Materials and Methods
This study was institutional review board approved and HIPAA compliant. A retrospective analysis of all major discrepancies from a 2015 quality assurance database of a teleradiology practice was performed. Board-certified radiologists provided initial preliminary interpretations. Discrepancies were identified during a secondary review by a practicing radiologist or through an internal quality assurance process and were vetted through a consensus radiology quality assurance committee. Unique anonymous radiologist identifiers were used to link the discrepancies to radiologists’ shifts and schedules. Data were analyzed by using analysis of variance, t test, or ?2 test.
Results
A total of 4294 major discrepancies resulted from 2 922 377 examinations (0.15%). There was a significant difference for shift length (P < .0001) and volume (P < .0001) for shifts with versus those without discrepancies. On average, errors occurred a mean (± standard deviation) of 8.97 hours ± 2.28 into the shift (median, 10 hours; interquartile range, 2.0 hours). Significantly more errors occurred late in shifts than early (P < .0001), peaking between 10 and 12 hours. The number of major discrepancies in a single shift ranged from one to four, with a significant difference in the number of discrepancies as a function of study volume (volume for all shifts, 67.60 ± 60.24; volume for shifts with major discrepancies, 118.96 ± 66.89; P < .001). Despite a trend for more discrepancies after more consecutive days worked, the difference was not significant (P = .0893).
Conclusion
Longer shifts and higher diagnostic examination volumes are associated with increased major interpretive discrepancies. These are more likely to occur later in a shift, peaking after the 10th hour of work.
Emergency Radiology Practice Patterns: Shifts, Schedules, and Job Satisfaction
Purpose
To assess the practice environment of emergency radiologists with a focus on schedule, job satisfaction, and self-perception of health, wellness, and diagnostic accuracy.
Methods
A survey drawing from prior radiology and health care shift-work literature was distributed via e-mail to national societies, teleradiology groups, and private practices. The survey remained open for 4 weeks in 2016, with one reminder. Data were analyzed using hypothesis testing and logistic regression modeling.
Results
Response rate was 29.6% (327/1106); 69.1% of respondents (n = 226) were greater than 40 years old, 73% (n = 240) were male, and 87% (n = 284) practiced full time.

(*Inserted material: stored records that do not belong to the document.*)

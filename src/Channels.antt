-- ===== src/Channels.antt =====
-- crates/sutegi-channels/src/presence.rs: the difference of two states of presence. A state is the list of its
-- keys with their metas; the order of the keys is left out. `same` is the equality of metas.
pub mod Balance
pub mod Counts
mod Examples
use sutegi.Base.{
  Bool, true, false, not, Option, none, some, List, [], ◌∷◌, ◌++◌, Bytes, if◌then◌else◌, bytes_eq,
}

abbrev pub Presence : Type 0 → Type 0
Presence A = List (Bytes × List A)

module _ {A : Type 0} where
  unfoldable pub metas_of : Bytes → Presence A → List A
  metas_of key [] = []
  metas_of key ((k, metas) ∷ st) = if bytes_eq k key then metas else metas_of key st

  unfoldable pub has_key : Bytes → Presence A → Bool
  has_key key [] = false
  has_key key ((k, metas) ∷ st) = if bytes_eq k key then true else has_key key st

  -- `entry(key).or_default().extend(…)`.
  unfoldable pub extend_entry : Bytes → List A → Presence A → Presence A
  extend_entry key more [] = (key, more) ∷ []
  extend_entry key more ((k, metas) ∷ st) =
      let rest = extend_entry key more st in
      if bytes_eq k key then (k, metas ++ more) ∷ st else (k, metas) ∷ rest

  -- A key gets an entry with its first meta.
  unfoldable pub extend_some : Bytes → List A → Presence A → Presence A
  extend_some key [] st = st
  extend_some key (m ∷ more) st = extend_entry key (m ∷ more) st

  module _ (same : A → A → Bool) where
    -- The first meta that is equal, taken out.
    unfoldable pub take_out : A → List A → Option (List A)
    take_out meta [] = none
    take_out meta (m ∷ metas) =
        let rest = take_out meta metas in
        if same m meta then some metas else elim rest [ none ↦ none | some left ↦ some (m ∷ left) ]

    unfoldable pub remove_one : A → List A → List A
    remove_one meta metas = elim (take_out meta metas) [ none ↦ metas | some left ↦ left ]

    -- The metas of a key that joined, and what remains of its old ones.
    unfoldable pub diff_metas : List A → List A → List A × List A
    diff_metas remaining [] = ([], remaining)
    diff_metas remaining (meta ∷ metas) =
        let unmatched = diff_metas remaining metas in
        elim (take_out meta remaining) [
          | none ↦ (meta ∷ unmatched.0, unmatched.1)
          | some left ↦ diff_metas left metas
        ]

    unfoldable pub diff_new :
        Presence A → Presence A → Presence A × Presence A → Presence A × Presence A
    diff_new old [] acc = acc
    diff_new old ((key, new_metas) ∷ new) (joins, leaves) =
        let (joined, remaining) = diff_metas (metas_of key old) new_metas in
        diff_new old new (extend_some key joined joins, extend_some key remaining leaves)

    unfoldable pub diff_old : Presence A → Presence A → Presence A → Presence A
    diff_old new [] leaves = leaves
    diff_old new ((key, old_metas) ∷ old) leaves =
        let gone = diff_old new old (extend_entry key old_metas leaves) in
        let kept = diff_old new old leaves in if not (has_key key new) then gone else kept

    unfoldable pub diff_states : Presence A → Presence A → Presence A × Presence A
    diff_states old new =
        let (joins, leaves) = diff_new old new ([], []) in (joins, diff_old new old leaves)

With regard to annual overnight shifts (NS): 36% (n = 118) did none, 24.9% (n = 81) did 182 or more, and 15.6% (n = 51) did 119. There was a significant association between average NS worked per year and both perceived negative health effects (P < .01) and negative impact on memory (P < .01). There was an inverse association between overall job enjoyment and number of annual NS (P < .05). The odds of agreeing to the statement “I enjoy my job” for radiologists who work no NS is 2.21 times greater than for radiologists who work at least 119 NS, when shift length is held constant. Radiologists with 11+ years of experience who work no NS or 1 to 100 NS annually have lower odds of feeling overwhelmed when compared with those working the same number of NS with <10 years’ experience.
Conclusion
There is significant variation in emergency radiology practice patterns. Annual NS burden is associated with lower job satisfaction and negative health self-perception.